Lobarin (3). To a 100 mL round-bottom flask charged with
compound 22 (100 mg, 0.211 mmol) in MeOH (20 mL) was added
palladium on carbon (10%, 10 mg). The mixture was stirred under a
hydrogen atmosphere (1 atm, hydrogen ballon) for 12 h. Upon
completion the reaction mixture was filtered through a pad of Celite.

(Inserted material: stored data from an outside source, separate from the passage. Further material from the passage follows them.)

-- ===== src/Placement/Leaving.antt =====
-- The view `volunteer_deactivate` of apps/org/views.py with `VolunteerDeactivateForm` of
-- apps/org/forms.py: taking a volunteer out of service.
use risk_management.Common.{◌+◌, Bool, true, false, not, Option, none, some, if◌then◌else◌, length}
use risk_management.Calendar.{Date, before}
use risk_management.Org.{active_roles, end_all}
use risk_management.Audit.{deactivate, volunteer}
use risk_management.Access.{User}
use risk_management.Tenant.{
  Tenant, Env, Result, ok, ◌>>=◌, ◌>>◌, refuse_if, or_raise, already_inactive, form_invalid, audit,
  entity,
}
use risk_management.Requirements.Commit.{commit}
use risk_management.Placement.{writable_volunteer}

-- `clean_stopped_serving_on`
unfoldable pub clean_stopped_serving_on : Date → Option Date → Option Date
clean_stopped_serving_on today none = none
clean_stopped_serving_on today (some on) = if before today on then none else some on

-- The loop over the current assignments, each of them saved.
abbrev pub end_current : Bool → Date → Tenant → Tenant
end_current false on t = t
end_current true on t = record t {
  assignments = end_all on t.assignments;
  pending_syncs = t.pending_syncs + length (active_roles t.assignments);
}

-- The volunteer as the view saves them.
abbrev pub left_service : Tenant → Tenant
left_service t = record t {
  volunteer = record (t.volunteer) { is_active = false };
  pending_syncs = t.pending_syncs + 1;
}

-- What is posted: the last day, and whether the current assignments end with it.
unfoldable pub volunteer_deactivate : Env → User → Option Date → Bool → Tenant → Result Tenant
unfolding writable_volunteer clean_stopped_serving_on commit
volunteer_deactivate env u stopped_serving_on end_assignments t = do
  writable_volunteer env u t
  refuse_if (not t.volunteer.is_active) already_inactive
  on ← or_raise form_invalid (clean_stopped_serving_on env.today stopped_serving_on)
  ok (
      commit env (
        audit env deactivate (entity volunteer t.volunteer.pk)
          (end_current end_assignments on (left_service t))))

The filtrate was concentrated in a rotary evaporator. Purification by
flash column chromatography on C18 resin (H2O/CH3CN) afforded
compound 3 as a yellow solid (57 mg, 90%): TLC (hexane/EtOAc, 2/
1, with 0.1% formic acid, UV) Rf = 0.15; 1H NMR (400 MHz,
CD3OD) δ 6.71 (d, J = 1.8, 1H, H-5), 6.37 (s, 1H, H-3′), 6.04 (d, J =
1.8, 1H, H-3), 3.77 (s, 3H, OMe), 2.92−2.74 (m, 2H, H-8′), 2.18−
2.01 (m, 2H, H-9), 1.54 (m, 2H, H-10), 1.34 (m, 2H, H-11; 2H, H-
9′), 1.22 (m, 2H, H-10; 2H, H-11′), 0.88 (t, J = 6.7, 3H, H-12), 0.80
(m, 3H, H-12′); 13C NMR (101 MHz, CD3OD) δ 174.5 (C-7′), 168.8
(C-7), 168.7 (C-4), 163.7 (C-2′), 156.7 (C-2), 156.6 (C-4′), 155.9 (C-
6), 141.6 (C-6′), 134.3 (C-5′), 108.1 (C-8), 106.2 (C-1), 103.2 (C-3′),
102.6 (C-1′), 101.2 (C-3), 101.1 (C-5), 56.8 (OMe) 39.8 (C-9), 33.6
(C-9′), 31.5 (C-10′), 29.4 (C-8′), 26.9 (C-10), 23.7 (C-11), 23.3 (C-
11′), 14.5 (C-12), 14.4 (C-12′); HRESIMS m/z 475.1960 [M + H]+
(calcd for C25H31O9, 475.1968).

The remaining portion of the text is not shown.